Probability of Two Events
Probability measures the likelihood that an event occurs and is expressed between 0 (impossible) and 1 (certain). The calculator reproduces the calculator.net workflow by letting you evaluate complements, intersections, unions, and XOR results for two independent events.
In the most general case probability equals the number of desired outcomes divided by total outcomes and is affected by whether events are independent, mutually exclusive, or conditional.
Complement of A and B
Given a probability P(A), the complement P(A') describes the chance that A does not occur and equals 1 - P(A). Example: if Bob fails to do homework with P(A) = 0.65, then P(A') = 1 - 0.65 = 0.35, so there is a 35% chance he completes it.

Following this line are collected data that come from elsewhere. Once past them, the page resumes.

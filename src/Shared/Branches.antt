-- ===== src/Shared/Branches.antt =====
-- Rules for handlers that go on after a failure, on top of Shared/Sparse: branches on whether a call
-- fails, statements that are tried three times, actions that only read.
use exbanka_4_backend.Shared.Tests.{
  ◌≡◌, refl, Bool, true, false, Option, some, [], ◌∷◌, if◌then◌else◌,
}
use exbanka_4_backend.Shared.Database.{
  Code, Result, ok, err, Action, Outages, fails, later, pure, exec, attempt, select_row, ◌>>=◌,
  row_cases, db,
}
use exbanka_4_backend.Shared.Sparse.{
  Survives, reply_tried, try_update, retry_exec, IsSparse, later-IsSparse, Reached, Survives-bind,
  Survives-attempt, Survives-pure, Survives-throw, Survives-if, Survives-found, Survives-throw_if,
  Survives-exec, Survives-select,
}

-- What the rest of an action needs of the answer of its first call.
abbrev pub Tail :
    {S A B : Type 0} → (Result A → S → Type 0) → (B → Action S A) → Result B → S → Type 0
Tail P k (ok b) s = Survives P (k b) s
Tail P k (err c) s = P (err c) s

pub Survives-row :
    {S A B : Type 0} {P : Result A → S → Type 0} {s : S} (f : S → Option B) (c : Code)
    (k : B → Action S A)
    → ((d : Code) → P (err d) s)
    → ((b : B) → f s ≡ some b → Survives P (k b) s)
    → Survives P (select_row f c >>= k) s
Survives-row {P} f c k down up =
    Survives-bind (Tail P k) (select_row f c) k (Survives-select f c down up) (λ d s' h. h)
      (λ b s' h. h)

-- A branch on whether a call fails.
abbrev pub branch : {S A B : Type 0} → Action S A → Action S B → (B → Action S A) → Action S A
branch m n k = attempt n >>= λ x. row_cases x m k

abbrev Branch :
    {S A B : Type 0}
    → (Result A → S → Type 0)
    → Action S A
    → (B → Action S A)
    → Result B
    → S
    → Type 0
Branch P m k (ok b) s = Survives P (k b) s
Branch P m k (err c) s = Survives P m s

module _ {S A B : Type 0} {P : Result A → S → Type 0} {s : S} (m : Action S A) where
  pub Survives-exec_cases :
      (f : S → B × S) (k : B → Action S A)
      → Survives P m s
      → Survives P (k (f s).0) (f s).1
      → Survives P (branch m (exec f) k) s
  unfolding db
  Survives-exec_cases f k down up =
      Survives-attempt (Branch P m k) (exec f) (λ x. row_cases x m k) (Survives-exec f down up)
        (λ c s' h. h) (λ b s' h. h)

  pub Survives-select_cases :
      (f : S → Option B) (c : Code) (k : B → Action S A)
      → Survives P m s
      → ((b : B) → f s ≡ some b → Survives P (k b) s)
      → Survives P (branch m (select_row f c) k) s
  unfolding db
  Survives-select_cases f c k down up =
      Survives-attempt (Branch P m k) (select_row f c) (λ x. row_cases x m k)
        (Survives-select f c (λ d. down) up) (λ c s' h. h) (λ b s' h. h)

  pub Survives-call_cases :
      (I : S → Type 0) (n : Action S B) (k : B → Action S A)
      → Survives (λ _. I) n s
      → ((s' : S) → I s' → Survives P m s')
      → ((b : B) (s' : S) → I s' → Survives P (k b) s')
      → Survives P (branch m n k) s
  unfolding db
  Survives-call_cases I n k h down up =
      Survives-attempt (λ _. I) n (λ x. row_cases x m k) h (λ c. down) up

  -- A call that only reads.
  pub Survives-read_cases :
      (n : Action S B) (k : B → Action S A)
      → Survives (λ _ s'. s' ≡ s) n s
      → Survives P m s
      → ((b : B) → Survives P (k b) s)
      → Survives P (branch m n k) s
  Survives-read_cases n k reads down up =
      Survives-call_cases (λ s'. s' ≡ s) n k reads (λ s' h. rw h down) (λ b s' h. rw h (up b))

-- What an action that only reads answers from a state.
abbrev pub Got : {S B : Type 0} → (B → Type 0) → S → Result B → S → Type 0
Got Q s (ok b) s' = (s' ≡ s) × Q b
Got Q s (err c) s' = s' ≡ s

module _ {S A B : Type 0} {P : Result A → S → Type 0} {s : S} (Q : B → Type 0) where
  pub Survives-got :
      (n : Action S B) (k : B → Action S A)
      → Survives (Got Q s) n s
      → ((c : Code) → P (err c) s)
      → ((b : B) → Q b → Survives P (k b) s)
      → Survives P (n >>= k) s
  Survives-got n k h down up =
      Survives-bind (Got Q s) n k h (λ c s' e. rw e (down c)) (λ b s' (e, q). rw e (up b q))

  pub Survives-got_cases :
      (m : Action S A) (n : Action S B) (k : B → Action S A)
      → Survives (Got Q s) n s
      → Survives P m s
      → ((b : B) → Q b → Survives P (k b) s)
      → Survives P (branch m n k) s
  unfolding db
  Survives-got_cases m n k h down up =
      Survives-attempt (Got Q s) n (λ x. row_cases x m k) h (λ c s' e. rw e down)
        (λ b s' (e, q). rw e (up b q))

module _ {S : Type 0} {s : S} (I : S → Type 0) (f : S → S) where
  pub try_update-Reached : I s → I (f s) → Survives (Reached I) (try_update f) s
  unfolding try_update
  try_update-Reached down up = record {
    at = λ o sparse. after (later o) (fails o) (later-IsSparse o sparse);
  }
    where
      after :
          (o : Outages) (b : Bool)
          → IsSparse o
          → let r = reply_tried b s (f s) o in Reached I r.0 r.1 × IsSparse r.2
      after o true sparse = (down, sparse)
      after o false sparse = (up, sparse)

  -- One of the three attempts gets through.
  pub retry_exec-Reached : I (f s) → Survives (Reached I) (retry_exec f) s
  unfolding retry_exec fails later
  retry_exec-Reached up = record { at = after }
    where
      after :
          (o : Outages) → IsSparse o → let r = retry_exec f s o in Reached I r.0 r.1 × IsSparse r.2
      after [] sparse = (up, sparse)
      after (false ∷ o) sparse = (up, sparse.1)
      after (true ∷ []) sparse = (up, tt)
      after (true ∷ false ∷ o) sparse = (up, sparse.1.1)
      after (true ∷ true ∷ []) sparse = (up, tt)
      after (true ∷ true ∷ false ∷ o) sparse = (up, sparse.1.1.1)
      after (true ∷ true ∷ true ∷ o) sparse = absurd (cc (sparse.0))

pub Reached-weaken :
    {S A : Type 0} {I J : S → Type 0} (m : Action S A) (s : S)
    → ((s' : S) → I s' → J s')
    → Survives (Reached I) m s
    → Survives (Reached J) m s
Reached-weaken {S} {A} {I} {J} m s w h = record {
  at = λ o sparse. after (m s o).0 (m s o).1 (m s o).2 (h.at o sparse);
}
  where
    after :
        (r : Result A) (s' : S) (o : Outages)
        → Reached I r s' × IsSparse o
        → Reached J r s' × IsSparse o
    after (ok a) s' o (h', sparse) = (w s' h', sparse)
    after (err c) s' o h' = absurd (h'.0)

-- An action that only reads.
pub record Reads {S A : Type 0} (m : Action S A) : Type 0 where
  pub at : (s : S) → Survives (λ _ s'. s' ≡ s) m s

module _ {S A : Type 0} where
  pub Reads-bind :
      {B : Type 0} (m : Action S B) (k : B → Action S A)
      → Reads m
      → ((b : B) → Reads (k b))
      → Reads (m >>= k)
  Reads-bind m k h l = record {
    at = λ s.
        Survives-bind (λ _ s'. s' ≡ s) m k (h.at s) (λ c s' e. e) (λ b s' e. rw e ((l b).at s));
  }

  pub Reads-branch :
      {B : Type 0} (m : Action S A) (n : Action S B) (k : B → Action S A)
      → Reads n
      → Reads m
      → ((b : B) → Reads (k b))
      → Reads (branch m n k)
  Reads-branch m n k h g l = record {
    at = λ s. Survives-read_cases m n k (h.at s) (g.at s) (λ b. (l b).at s);
  }

  pub Reads-pure : (a : A) → Reads (pure {S = S} a)
  Reads-pure a = record { at = λ s. Survives-pure a refl }

  pub Reads-select : (f : S → Option A) (c : Code) → Reads (select_row f c)
  Reads-select f c = record { at = λ s. Survives-select f c (λ d. refl) (λ a e. refl) }

  pub Reads-if : (b : Bool) (m n : Action S A) → Reads m → Reads n → Reads (if b then m else n)
  Reads-if true m n h k = h
  Reads-if false m n h k = k

-- A read at the start of an action.
pub Survives-reads :
    {S A B : Type 0} {P : Result A → S → Type 0} {s : S} (m : Action S B) (k : B → Action S A)
    → Reads m
    → ((c : Code) → P (err c) s)
    → ((b : B) → Survives P (k b) s)
    → Survives P (m >>= k) s
Survives-reads {s} m k h down up =
    Survives-bind (λ _ s'. s' ≡ s) m k (h.at s) (λ c s' e. rw e (down c)) (λ b s' e. rw e (up b))

pub ruleset reads_rules = (Reads-bind, Reads-branch, Reads-pure, Reads-select, Reads-if)

pub ruleset survives_rules = (
  Survives-pure, Survives-throw, Survives-if, Survives-found, Survives-throw_if,
  Survives-exec_cases, Survives-select_cases,
)
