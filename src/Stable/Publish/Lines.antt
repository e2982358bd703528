-- ===== src/Stable/Publish/Lines.antt =====
-- The published list read by the line iterator of internal/ioutil.
use sub_preprocessor.Base.{
  cut-append, ℕ, zero, suc, ◌+◌, ◌≤◌, ◌≡◌, refl, ap, ◌∙◌, true, false, Option, none, some, List, [],
  ◌∷◌, ◌++◌, map, arith, Bytes, has_byte, cut, trim_space, length, length-append, All,
}
use native.Mathlib.Numerals.{add-one}
use mathlib.Core.List.{append_assoc}
use sub_preprocessor.Ioutil.{next_of, is_content, next, lines_from, lines}
use sub_preprocessor.Subscription.Node.{Node}
use sub_preprocessor.Stable.Select.{Survivor}
use sub_preprocessor.Stable.Publish.{Annotator, build_payload, line_of}
use sub_preprocessor.Stable.Publish.Laws.{
  published_line, join_lines, annotated_payload_lem, plain_payload_lem,
}

-- a text that the iterator returns as it stands
pub record IsLine (s : Bytes) : Type 0 where
  pub no_end : has_byte b'\n' s ≡ false
  pub trimmed : trim_space s ≡ s
  pub content : is_content s ≡ true

next_of_line :
    (remain s rest : Bytes) (later : Bytes → Option (Bytes × Bytes))
    → IsLine s
    → next_of remain later (some (s, rest)) ≡ some (s, rest)
next_of_line remain s rest later l = opened l.trimmed l.content
  where
    opened :
        trim_space s ≡ s
        → is_content s ≡ true
        → next_of remain later (some (s, rest)) ≡ some (s, rest)
    opened t c = unfold next_of in rw t (rw c)

next_step :
    (s rest : Bytes) (fuel : ℕ)
    → next (suc fuel) (s ++ b'\n' ∷ rest)
      ≡ next_of (s ++ b'\n' ∷ rest) (next fuel) (cut b'\n' (s ++ b'\n' ∷ rest))
unfolding next
next_step [] rest fuel = refl
next_step (c ∷ cs) rest fuel = refl

next-line :
    (s rest : Bytes) (fuel : ℕ) → IsLine s → next (suc fuel) (s ++ b'\n' ∷ rest) ≡ some (s, rest)
next-line s rest fuel l =
    next_step s rest fuel
    ∙ ap (next_of (s ++ b'\n' ∷ rest) (next fuel)) (cut-append b'\n' s rest l.no_end)
    ∙ next_of_line (s ++ b'\n' ∷ rest) s rest (next fuel) l

lines_from-join_lines :
    (ls : List Bytes) (fuel : ℕ)
    → length ls ≤ fuel
    → All IsLine ls
    → lines_from fuel (join_lines ls) ≡ ls
lines_from-join_lines [] zero h w = unfold lines_from in refl
lines_from-join_lines [] (suc fuel) h w = unfold lines_from next in refl
lines_from-join_lines (l ∷ ls) zero h w = absurd (omega arith)
lines_from-join_lines (l ∷ ls) (suc fuel) h w =
    first_line ∙ ap (λ r. l ∷ r) (lines_from-join_lines ls fuel (omega arith) w.1)
  where
    found : next (length (join_lines (l ∷ ls)) + 1) (join_lines (l ∷ ls)) ≡ some (l, join_lines ls)
    found =
        rw (add-one, append_assoc l (b'\n' ∷ []) (join_lines ls))
          (next-line l (join_lines ls) (length (l ++ b'\n' ∷ join_lines ls)) w.0)

    first_line : lines_from (suc fuel) (join_lines (l ∷ ls)) ≡ l ∷ lines_from fuel (join_lines ls)
    first_line = unfold lines_from in rw (found, lines_from)

length-join_lines : (ls : List Bytes) → length ls ≤ length (join_lines ls)
length-join_lines [] = omega arith
length-join_lines (l ∷ ls) = omega (
  arith,
  length-join_lines ls,
  length-append (line_of l) (join_lines ls),
  length-append l (b'\n' ∷ []),
)

-- The iterator gives back the lines that were written, each with its end.
pub lines-join_lines : (ls : List Bytes) → All IsLine ls → lines (join_lines ls) ≡ ls
unfolding lines
lines-join_lines ls w =
    lines_from-join_lines ls (length (join_lines ls) + 1) (omega (arith, length-join_lines ls)) w

-- the line that a survivor is published as, with an annotator or without one
unfoldable pub line_for : (Bytes → Option Node) → Option Annotator → Survivor → Bytes
line_for parse_one none s = s.entry.raw
line_for parse_one (some annotate) s = published_line parse_one annotate s

-- If the line published for each survivor is one trimmed line that is no comment, the published
-- list read line by line is these lines in the order of the survivors.
pub lines-build_payload :
    (parse_one : Bytes → Option Node) (ann : Option Annotator) (ss : List Survivor)
    → All IsLine (map (line_for parse_one ann) ss)
    → lines (build_payload parse_one ann ss).1 ≡ map (line_for parse_one ann) ss
unfolding build_payload line_for
lines-build_payload parse_one none ss w =
    ap lines (plain_payload_lem ss) ∙ lines-join_lines (map (λ (s : Survivor). s.entry.raw) ss) w
lines-build_payload parse_one (some annotate) ss w =
    ap lines (annotated_payload_lem parse_one annotate ss).0
    ∙ lines-join_lines (map (published_line parse_one annotate) ss) w
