-- ===== src/Stable/Tests.antt =====
-- internal/stable: instances of the theorems on labels, keys, selection and publication.
use sub_preprocessor.Base.{
  ℕ, ◌≡◌, refl, false, Option, none, some, List, [], ◌∷◌, ◌++◌, map, arith, ◌==◌, if◌then◌else◌,
  Bytes, codes, beq, has_byte, trim_space, keep, any, All,
}
use sub_preprocessor.Base.Sort.{IsSorted, sort}
use sub_preprocessor.Ioutil.{lines, is_content}
use sub_preprocessor.Netip.{v4}
use sub_preprocessor.Subscription.Node.{Node}
use sub_preprocessor.Stable.Arena.{Arena, View, empty, intern, block_of, get_block, IsValid}
use sub_preprocessor.Stable.Merge.{Entry}
use sub_preprocessor.Stable.Select.{
  ProbeResult, Survivor, passed, pick, mean_leq, select_survivors, no_egress,
}
use sub_preprocessor.Stable.Select.Laws.{IsSelected, select_survivors_lem}
use sub_preprocessor.Stable.Publish.{Annotator, build_payload, written, render}
use sub_preprocessor.Stable.Publish.Laws.{published_line}
use sub_preprocessor.Stable.Publish.Lines.{IsLine, line_for, lines-build_payload}
use mathlib.Core.List.{Perm}

abbrev with_key : Arena × View
with_key = intern empty (codes "a.com:443")

with_key-IsValid : IsValid with_key.0 with_key.1
with_key-IsValid =
    unfold intern block_of get_block in record { block_exists = omega arith; inside = omega arith }

abbrev entry : Bytes → Entry
entry label = record { label = label; raw = label; addr = label; ip = v4 1; country = [] }

abbrev entries : List Entry
entries = entry (codes "a-001") ∷ entry (codes "a-002") ∷ entry (codes "b-001") ∷ []

abbrev result : ℕ → ℕ → ProbeResult
result successes mean_ms = record {
  successes = successes;
  mean_ms = mean_ms;
  stage = passed;
  unbound = false;
}

abbrev results : Bytes → Option ProbeResult
results label =
    if beq label (codes "a-001")
    then some (result 3 900)
    else if beq label (codes "a-002")
    then some (result 1 100)
    else some (result 2 200)

select_run :
    map (λ (s : Survivor). s.entry.label) (select_survivors entries results 3 1 1000)
    ≡ codes "b-001" ∷ codes "a-001" ∷ []
unfolding select_survivors sort beq
select_run = refl

select_survivors_lem_example :
    All (IsSelected results 3 1 1000) (select_survivors entries results 3 1 1000)
    × IsSorted mean_leq (select_survivors entries results 3 1 1000)
    × (keep (λ (s : Survivor). s.mean_ms == 200) (select_survivors entries results 3 1 1000)
        ≡ keep (λ (s : Survivor). s.mean_ms == 200) (pick entries results 3 1 1000))
    × Perm (select_survivors entries results 3 1 1000) (pick entries results 3 1 1000)
select_survivors_lem_example = select_survivors_lem results 3 1 1000 entries 200

abbrev parse_one : Bytes → Option Node
parse_one line = some (record {
  raw = line;
  scheme = codes "vless";
  name = line;
  server = line;
  port = codes "443";
  fragment_idx = none;
})

abbrev annotate : Annotator
annotate request = (request.prefix ++ request.node.raw, record { hi = b'D'; lo = b'E' })

abbrev survivors : List Survivor
survivors =
    record { entry = entry (codes "a-001"); mean_ms = 100; mbps = 12; egress = no_egress } ∷ []

survivors-IsLine : All IsLine (map (line_for parse_one (some annotate)) survivors)
survivors-IsLine =
    unfold line_for published_line is_content written render trim_space has_byte any in
    (record { no_end = refl; trimmed = refl; content = refl }, tt)

lines-build_payload_example :
    lines (build_payload parse_one (some annotate) survivors).1
    ≡ map (line_for parse_one (some annotate)) survivors
lines-build_payload_example =
    lines-build_payload parse_one (some annotate) survivors survivors-IsLine
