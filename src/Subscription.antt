-- ===== src/Subscription.antt =====
-- internal/subscription: the parser of subscription bodies and the share-link rewriters.
pub mod Node
pub mod Links
pub mod Query
pub mod Endpoint
pub mod Parser
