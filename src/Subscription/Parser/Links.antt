-- ===== src/Subscription/Parser/Links.antt =====
-- internal/subscription/subscription.go: a link that is written with its parts is parsed into them.
use sub_preprocessor.Base.{
  ℕ, ◌+◌, ◌≡◌, refl, ap, ◌∙◌, ◌≢◌, inl, inr, Bool, true, false, ◌||◌, none, some, [], ◌∷◌, ◌++◌,
  map, arith, ◌>>=◌, ◌==◌, Bool-cases, Bytes, codes, beq, beq_iff, has_byte, cut, cut_last,
  trim_space, starts_with, lower_byte, length, any, every,
}
use sub_preprocessor.Subscription.Node.{Node, scheme_vmess, scheme_ssr, scheme_ss, scheme_mieru}
use sub_preprocessor.Subscription.Parser.{
  cut_sep, is_scheme_byte, valid_scheme, parse_at, parse_node, parse_generic, with_name, name_or,
  cut_authority,
}
use sub_preprocessor.Subscription.Endpoint.{Decoders}
use sub_preprocessor.Subscription.Endpoint.{
  endpoint, default_port, host_port, split_host_port, after_userinfo, is_web,
}

-- The parts of a link "scheme://user@server:port#name".
pub record Link : Type 0 where
  pub scheme : Bytes
  pub user : Bytes
  pub server : Bytes
  pub port : Bytes
  pub fragment : Bytes

abbrev pub ends_authority : ℕ → Bool
ends_authority c = c == b'/' || c == b'?' || c == b'#'

abbrev pub authority_of : Link → Bytes
authority_of l = l.user ++ b'@' ∷ (l.server ++ b':' ∷ l.port)

abbrev pub link_text : Link → Bytes
link_text l = l.scheme ++ codes "://" ++ (authority_of l ++ b'#' ∷ l.fragment)

pub record IsLink (l : Link) : Type 0 where
  pub scheme : valid_scheme l.scheme ≡ true
  pub lower : map lower_byte l.scheme ≡ l.scheme
  -- no scheme with a decoder of its own
  pub generic :
      any (beq l.scheme) (scheme_vmess ∷ scheme_ssr ∷ scheme_ss ∷ scheme_mieru ∷ []) ≡ false
  pub plain : any ends_authority (authority_of l) ≡ false
  pub server : has_byte b'@' (l.server ++ b':' ∷ l.port) ≡ false
  pub host : has_byte b':' l.server ≡ false
  pub named : (starts_with (codes "[") l.server ≡ false) × (l.server ≢ [])
  pub port : (has_byte b':' l.port ≡ false) × (l.port ≢ [])

no_colon : (c : ℕ) → is_scheme_byte c ≡ true → (b':' == c) ≡ false
unfolding is_scheme_byte
no_colon c h = ground (arith, h)

cut_sep-append :
    (s t : Bytes) → every is_scheme_byte s ≡ true → cut_sep (s ++ codes "://" ++ t) ≡ some (s, t)
unfolding cut_sep every starts_with
cut_sep-append [] t h = refl
cut_sep-append (c ∷ s) t h =
    let both : (is_scheme_byte c ≡ true) × (every is_scheme_byte s ≡ true) = ground (arith, h) in
    let n = no_colon c both.0 in let ih = cut_sep-append s t both.1 in rw (n, ih)

cut_authority-append :
    (a t : Bytes) → any ends_authority a ≡ false → cut_authority (a ++ b'#' ∷ t) ≡ (a, b'#' ∷ t)
unfolding cut_authority any
cut_authority-append [] t h = refl
cut_authority-append (c ∷ a) t h = let ih = cut_authority-append a t in ground (arith, ih, h)

cut-plain : (a t : Bytes) → any ends_authority a ≡ false → cut b'#' (a ++ b'#' ∷ t) ≡ some (a, t)
unfolding cut any
cut-plain [] t h = ground arith
cut-plain (c ∷ a) t h = let ih = cut-plain a t in ground (arith, ih, h)

cut_last-none : (b : ℕ) (t : Bytes) → has_byte b t ≡ false → cut_last b t ≡ none
unfolding cut_last has_byte
cut_last-none b [] h = refl
cut_last-none b (c ∷ t) h = let ih = cut_last-none b t in ground (arith, ih, h)

cut_last-append :
    (b : ℕ) (s t : Bytes) → has_byte b t ≡ false → cut_last b (s ++ b ∷ t) ≡ some (s, t)
unfolding cut_last
cut_last-append b [] t h = let n = cut_last-none b t h in ground (arith, n)
cut_last-append b (c ∷ s) t h = let ih = cut_last-append b s t h in ground (arith, ih)

host_port-append :
    (server port : Bytes)
    → has_byte b':' server ≡ false
    → (starts_with (codes "[") server ≡ false) × (server ≢ [])
    → has_byte b':' port ≡ false
    → host_port (server ++ b':' ∷ port) ≡ (server, port)
unfolding host_port starts_with
host_port-append [] port h n p = ground (arith, n.1)
host_port-append (c ∷ server) port h n p =
    let l = cut_last-append b':' (c ∷ server) port p in ground (arith, l, h, n.0)

split_host_port-authority :
    (l : Link) → IsLink l → split_host_port (authority_of l) ≡ (l.server, l.port)
unfolding split_host_port
split_host_port-authority l w =
    let c = cut_last-append b'@' l.user (l.server ++ b':' ∷ l.port) w.server in
    let u : after_userinfo (authority_of l) ≡ l.server ++ b':' ∷ l.port = rw (after_userinfo, c) in
    ap host_port u ∙ host_port-append l.server l.port w.host w.named w.port.0

-- the node of a link
abbrev pub node_of : Link → Node
node_of l = record {
  raw = link_text l;
  scheme = l.scheme;
  name = name_or l.server (trim_space l.fragment);
  server = l.server;
  port = l.port;
  fragment_idx = some (length l.scheme + 3 + length (authority_of l));
}

generic_schemes :
    (l : Link)
    → IsLink l
    → (beq l.scheme scheme_vmess ≡ false)
      × (beq l.scheme scheme_ssr ≡ false)
      × (beq l.scheme scheme_ss ≡ false)
      × (beq l.scheme scheme_mieru ≡ false)
unfolding any
generic_schemes l w = ground (arith, w.generic)

beq-filled : (s : Bytes) → s ≢ [] → beq s [] ≡ false
beq-filled s h = ground (arith, beq_iff s [], h)

endpoint-link :
    (decoders : Decoders) (l : Link) (tail : Bytes)
    → IsLink l
    → endpoint decoders l.scheme (authority_of l) tail ≡ some (l.server, l.port)
unfolding endpoint
endpoint-link decoders l tail w =
    let g = generic_schemes l w in
    let p = beq-filled l.port w.port.1 in
    elim (Bool-cases (is_web l.scheme)) [
      | inl y ↦ rw (endpoint, split_host_port-authority l w, g.2, g.3, y, p)
      | inr n ↦ rw (endpoint, split_host_port-authority l w, g.2, g.3, n)
    ]

default_port-filled : (scheme port : Bytes) → port ≢ [] → default_port scheme port ≡ some port
unfolding default_port
default_port-filled scheme port h = rw (beq-filled port h)

parse_generic-link :
    (decoders : Decoders) (l : Link)
    → IsLink l
    → parse_generic decoders (link_text l) l.scheme l.scheme (authority_of l ++ b'#' ∷ l.fragment)
      ≡ some (node_of l)
unfolding parse_generic with_name
parse_generic-link decoders l w = rw (
  parse_generic,
  cut_authority-append (authority_of l) l.fragment w.plain,
  endpoint-link decoders l (b'#' ∷ l.fragment) w,
  beq-filled l.server w.named.1,
  default_port-filled l.scheme l.port w.port.1,
  with_name,
  cut-plain (authority_of l) l.fragment w.plain,
)

scheme_bytes : (s : Bytes) → valid_scheme s ≡ true → every is_scheme_byte s ≡ true
unfolding valid_scheme is_scheme_byte every
scheme_bytes [] h = refl
scheme_bytes (c ∷ s) h = ground (arith, h)

parse_at-link :
    (decoders : Decoders) (l : Link)
    → IsLink l
    → parse_at decoders (link_text l) l.scheme (authority_of l ++ b'#' ∷ l.fragment)
      ≡ some (node_of l)
unfolding parse_at
parse_at-link decoders l w =
    let g = generic_schemes l w in
    rw (w.scheme, w.lower, g.0, g.1) (parse_generic-link decoders l w)

-- A link written with a valid lower-case scheme that has no decoder of its own, a user, a
-- server, a port and a fragment, no part of its authority holding a byte that would end or split
-- it, is parsed into a node with these parts and the place of its fragment, the name being the
-- trimmed fragment, or the server if that is empty.
pub parse_node-link_text :
    (decoders : Decoders) (l : Link)
    → IsLink l
    → parse_node decoders (link_text l) ≡ some (node_of l)
unfolding parse_node
parse_node-link_text decoders l w =
    let rest = authority_of l ++ b'#' ∷ l.fragment in
    let c = cut_sep-append l.scheme rest (scheme_bytes l.scheme w.scheme) in
    ap (λ o. o >>= λ p. parse_at decoders (link_text l) p.0 p.1) c ∙ parse_at-link decoders l w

Each event keeps its own complement: P(B) can take any value independent from P(A), and P(B') is computed the same way.
Intersection of A and B
The intersection P(A ∩ B) (also written P(A AND B)) is the joint probability that both events occur. If events are mutually exclusive, the intersection equals zero (rolling a 4 and 6 on the same die roll is impossible).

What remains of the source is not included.